つぎに、上記ストランド切断(ペレット化)工程を経由することにより成形されたペレット11をペレット冷却工程に経由した。上記ペレット冷却工程は、図1に示すように、ペレット冷却装置(タナカ社製 ミストラルASC型)14内にて、切断され成形されたペレット11をステンレス製網12上に載せ、ステンレス製網12自体を振動させながら、ペレット11を矢印方向に順次移動させた。加えて、冷却ガス13をステンレス製網12の下方から上記ステンレス製網12を通過させてペレット11に供給するとともに、この冷却ガス13を滞留させないようペレット冷却装置14の上方から装置外に冷却ガス13を流通させた。上記冷却ガス13は通常の空気であり、上記冷却ガス13のガス量は30m3/minに、供給する冷却ガス13温度は15℃に設定した。

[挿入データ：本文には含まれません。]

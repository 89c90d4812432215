-- ===== src/Lifecycle/Examples.antt =====
-- A small database at work: runs at concrete inputs.
use run_mesh.Base.{
  str_eq, eq_iff, String, true, false, ◌≡◌, ◌≢◌, refl, none, [], ok, err, lease_lost, conflict,
  ◌>>=◌, or_fail, refuse_if, ◌==◌, ◌&&◌, arith, some, ◌<◌,
}
use run_mesh.Base.Tables.{All, find?, exists, update_where}
use run_mesh.Workflow.State.{TaskStatus, RunStatus, dead, run_is, is, ready}
use run_mesh.Store.Db.{Db, TaskRun, insert_event, insert_audit}
use run_mesh.Store.Leases.{run_of, task_with_run, lease_task}
use run_mesh.Store.Outcomes.{
  complete_task, fail_task, Failure, failure_status, all_succeeded, unresolved,
}
use run_mesh.Store.Runs.{cancel_run, retry_run, can_cancel}
use run_mesh.Store.DeadLetter.{is_cancelled_in}
use run_mesh.Lifecycle.Rows.{Rows, UniqueIds}
use run_mesh.Lifecycle.Transitions.{Advances}
use run_mesh.Lifecycle.Step.{Reach, work, here, next, lease, complete}
use run_mesh.Lifecycle.Advance.{WorkStep-Advances}
use run_mesh.Lifecycle.Fencing.{
  IsShut, lease_task-IsShut, lease_task-once, complete_task-IsShut, fail_task-IsShut,
}
use run_mesh.Lifecycle.Ending.{IsIdle, cancel_run-ends, fail_task-dead}
use run_mesh.Lifecycle.Stuck.{retry_run-never_succeeds, still}
use run_mesh.Lifecycle.Invariant.{BudgetIsValid, IsOrdered, IsDone}
use run_mesh.Lifecycle.Invariant.Ordering.{Reach-IsOrdered}
use run_mesh.Lifecycle.Invariant.Completion.{Reach-IsDone}
use run_mesh.Lifecycle.Invariant.Tables.{Table}
use run_mesh.Lifecycle.Invariant.Budgets.{WorkStep-Budget, retry_run-revives}
use run_mesh.Lifecycle.Samples.{
  completed_example, db_after, db_of, dispatched, env, held, leased_example, leased_pair, task,
  task_after, unique_example,
}

abbrev rival : String
rival = "w2"

abbrev owner : String
owner = "w1"

other_worker : rival ≢ owner
other_worker e =
    let same : str_eq rival owner ≡ true = (eq_iff rival owner).1 e in absurd (ground arith)

lease_task-IsShut_example : IsShut 10 "w2" (db_after (lease_task env 10 "w1" 30 dispatched))
lease_task-IsShut_example =
    lease_task-IsShut env 10 "w1" 30 leased_pair dispatched
      (db_after (lease_task env 10 "w1" 30 dispatched)) unique_example leased_example "w2"
      other_worker

lease_task-once_example :
    lease_task env 10 "w1" 60 (db_after (lease_task env 10 "w1" 30 dispatched)) ≡ err lease_lost
lease_task-once_example =
    lease_task-once env 10 "w1" 30 leased_pair dispatched
      (db_after (lease_task env 10 "w1" 30 dispatched)) unique_example leased_example env "w1" 60

complete_task-IsShut_example : IsShut 10 "w1" (db_after (complete_task env 10 "w1" "" "" [] held))
complete_task-IsShut_example =
    complete_task-IsShut env 10 "w1" "" "" [] (task_after (complete_task env 10 "w1" "" "" [] held))
      held (db_after (complete_task env 10 "w1" "" "" [] held)) unique_example completed_example
      "w1"

abbrev crash : Failure
crash = record { retryable = true; error_type = "Crash"; error_message = "boom"; trace_id = "" }

failed_example :
    fail_task env 10 "w1" crash held
    ≡ ok
        (task_after (fail_task env 10 "w1" crash held), db_after (fail_task env 10 "w1" crash held))
unfolding fail_task failure_status task_with_run or_fail ◌>>=◌ find? run_of update_where
    insert_event
failed_example = refl

fail_task-IsShut_example : IsShut 10 "w1" (db_after (fail_task env 10 "w1" crash held))
fail_task-IsShut_example =
    fail_task-IsShut env 10 "w1" crash (task_after (fail_task env 10 "w1" crash held)) held
      (db_after (fail_task env 10 "w1" crash held)) unique_example failed_example "w1"

dead_example : (task_after (fail_task env 10 "w1" crash held)).status ≡ dead
unfolding fail_task failure_status task_with_run or_fail ◌>>=◌ find? run_of
dead_example = refl

fail_task-dead_example :
    All
      (IsIdle (task_after (fail_task env 10 "w1" crash held)).workflow_run_id)
      (db_after (fail_task env 10 "w1" crash held)).tasks
    × ((exists
          (λ x.
            x.id == (task_after (fail_task env 10 "w1" crash held)).workflow_run_id
            && run_is x.status RunStatus.running)
          (db_after (fail_task env 10 "w1" crash held)).runs)
        ≡ false)
fail_task-dead_example =
    fail_task-dead env 10 "w1" crash (task_after (fail_task env 10 "w1" crash held)) held
      (db_after (fail_task env 10 "w1" crash held)) failed_example dead_example

abbrev leased_by : Db → Db
leased_by db = db_after (lease_task env 10 "w1" 30 db)

WorkStep-Advances_example : Rows Advances dispatched.tasks (leased_by dispatched).tasks
WorkStep-Advances_example =
    WorkStep-Advances {db = dispatched} {db' = leased_by dispatched} unique_example
      (lease env 10 "w1" 30 leased_pair leased_example)

WorkStep-Budget_example : Table BudgetIsValid (leased_by dispatched).tasks
WorkStep-Budget_example =
    WorkStep-Budget {db = dispatched} {db' = leased_by dispatched}
      (lease env 10 "w1" 30 leased_pair leased_example)
      (unique_example, (((omega arith, λ _. omega arith), ((omega arith, λ _. omega arith), tt))))

cancelled_example :
    cancel_run env 7 none 1 dispatched ≡ ok (tt, db_after (cancel_run env 7 none 1 dispatched))
unfolding cancel_run ◌>>=◌ refuse_if exists update_where insert_audit
cancelled_example = refl

cancel_run-ends_example :
    All (IsIdle 1) (db_after (cancel_run env 7 none 1 dispatched)).tasks
    × (exists (can_cancel 7 1) (db_after (cancel_run env 7 none 1 dispatched)).runs ≡ false)
    × (cancel_run env 7 none 1 (db_after (cancel_run env 7 none 1 dispatched)) ≡ err conflict)
cancel_run-ends_example =
    cancel_run-ends env env 7 none none 1 dispatched (db_after (cancel_run env 7 none 1 dispatched))
      cancelled_example

-- What the failure of task 10 leaves: a dead task and its cancelled child.
abbrev failed : Db
failed =
    db_of RunStatus.failed (record (task 10 dead) { attempt_count = 3 })
      (task 11 TaskStatus.cancelled)

retried_example : retry_run env 7 none 1 failed ≡ ok (tt, db_after (retry_run env 7 none 1 failed))
unfolding retry_run ◌>>=◌ refuse_if exists update_where insert_audit
retried_example = refl

abbrev dead_task : TaskRun
dead_task = record (task 10 dead) { attempt_count = 3 }

dead_found : find? (λ t. t.id == 10) failed.tasks ≡ some dead_task
unfolding find?
dead_found = refl

retry_run-revives_example :
    Table BudgetIsValid (db_after (retry_run env 7 none 1 failed)).tasks
    × ((y : TaskRun) × (find? (λ t. t.id == 10) (db_after (retry_run env 7 none 1 failed)).tasks
          ≡ some y)
        × (is y.status ready ≡ true)
        × (y.attempt_count < y.maximum_attempts))
retry_run-revives_example =
    retry_run-revives env 7 none 1 failed (db_after (retry_run env 7 none 1 failed)) 10 dead_task
      retried_example
      (unique_example, ((omega arith, λ h. absurd (cc)), ((omega arith, λ h. absurd (cc)), tt)))
      dead_found refl refl

retried_unique : UniqueIds (db_after (retry_run env 7 none 1 failed)).tasks
unfolding retry_run ◌>>=◌ refuse_if exists update_where insert_audit
retried_unique = unique_example

some_cancelled : exists (is_cancelled_in 1) failed.tasks ≡ true
unfolding exists
some_cancelled = refl

retry_run-never_succeeds_example :
    all_succeeded 1 (db_after (retry_run env 7 none 1 failed)).tasks ≡ false
retry_run-never_succeeds_example =
    retry_run-never_succeeds env 7 none 1 failed (db_after (retry_run env 7 none 1 failed))
      (db_after (retry_run env 7 none 1 failed)) retried_example some_cancelled retried_unique still

abbrev completing : Db
completing = db_after (complete_task env 10 "w1" "" "" [] held)

-- Task 10 succeeds, and task 11, which depends on it, becomes READY.
completion : Reach held completing
completion = next {db₁ = held} {db₂ = completing} here (
    work (
      complete env 10 "w1" "" "" [] (task_after (complete_task env 10 "w1" "" "" [] held))
        completed_example))

held-IsOrdered : IsOrdered held.deps held.tasks
unfolding unresolved exists
held-IsOrdered = (unique_example, ((λ h. refl), ((λ h. absurd (cc)), tt)))

Reach-IsOrdered_example : IsOrdered completing.deps completing.tasks
Reach-IsOrdered_example = Reach-IsOrdered {db = held} {db' = completing} completion held-IsOrdered

Reach-IsDone_example : IsDone completing.tasks completing.runs
Reach-IsDone_example =
    Reach-IsDone {db = held} {db' = completing} completion held-IsOrdered ((λ h. absurd (cc)), tt)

つぎに、上記冷却されたペレット11を、振動型ペレット選別機(タナカ社製 PSL−300A)を用いて分級した。最終的に得られたペレット11は略円柱状であり、大きさは直径2.0mm×長さ2.0mmであった。
実施例1において、ベント3の位置をC5(完全溶融直前)にした以外は実施例1と同様し、大きさは直径2.0mm×長さ2.0mmの略円柱状のペレットが得られた。しかも、溶融混練時に何ら問題なく、ペレット11を作製することができた。

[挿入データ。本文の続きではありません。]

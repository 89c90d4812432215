-- ===== src/Live.antt =====
-- Live notifications: internal/live/broker.go, its calls in internal/scheduler/scheduler.go, and
-- internal/api/stream.go.
pub mod Broker
pub mod Notify
pub mod Stream
pub mod Durable
pub mod Tenants
pub mod Private
pub mod Isolation
pub mod Examples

実施例1にて使用した溶融押出機1に代えて、ベント3が設けられていない二軸押出機を用いた。ベント4として、C7にベント口とC8の位置に真空ベント口を設けたベント4が2個形成された溶融押出機(2軸スクリュー式:東芝機械社製 TEM−58BS)を使用した。それ以外は実施例1と同様にしてペレットを製造しようと試みた。しかしながら、上記溶融押出機を用いた溶融混練作業において、バックプレッシャーが発生し、その蒸気がホッパー側に噴出し、供給される粉末を湿気させて団子状にし、粉末が押出機に入らないようになった。そのため、ペレット化が不可能であった。
3 ベント
5 ストランド
6 金属製エンドレスベルト
7 噴霧装置
9 切断装置
11 PVA製ペレット(ペレット)
12 金属製網
14 ペレット冷却装置
Claims (2)
- 溶融押出機に揮発成分を含有するポリビニルアルコール系樹脂を投入して溶融押出した後、所定形状の成形体を作製してなるポリビニルアルコール系樹脂成形体の製法であって、上記溶融押出機として、投入したポリビニルアルコール系樹脂が溶融し始めた後で、かつ完全溶融状態となる前の領域に少なくとも一つのベントが設けられた溶融押出機を用いることを特徴とするポリビニルアルコール系樹脂成形体の製法。
- ポリビニルアルコール系樹脂が粉末状である請求項1記載のポリビニルアルコール系樹脂成形体の製法。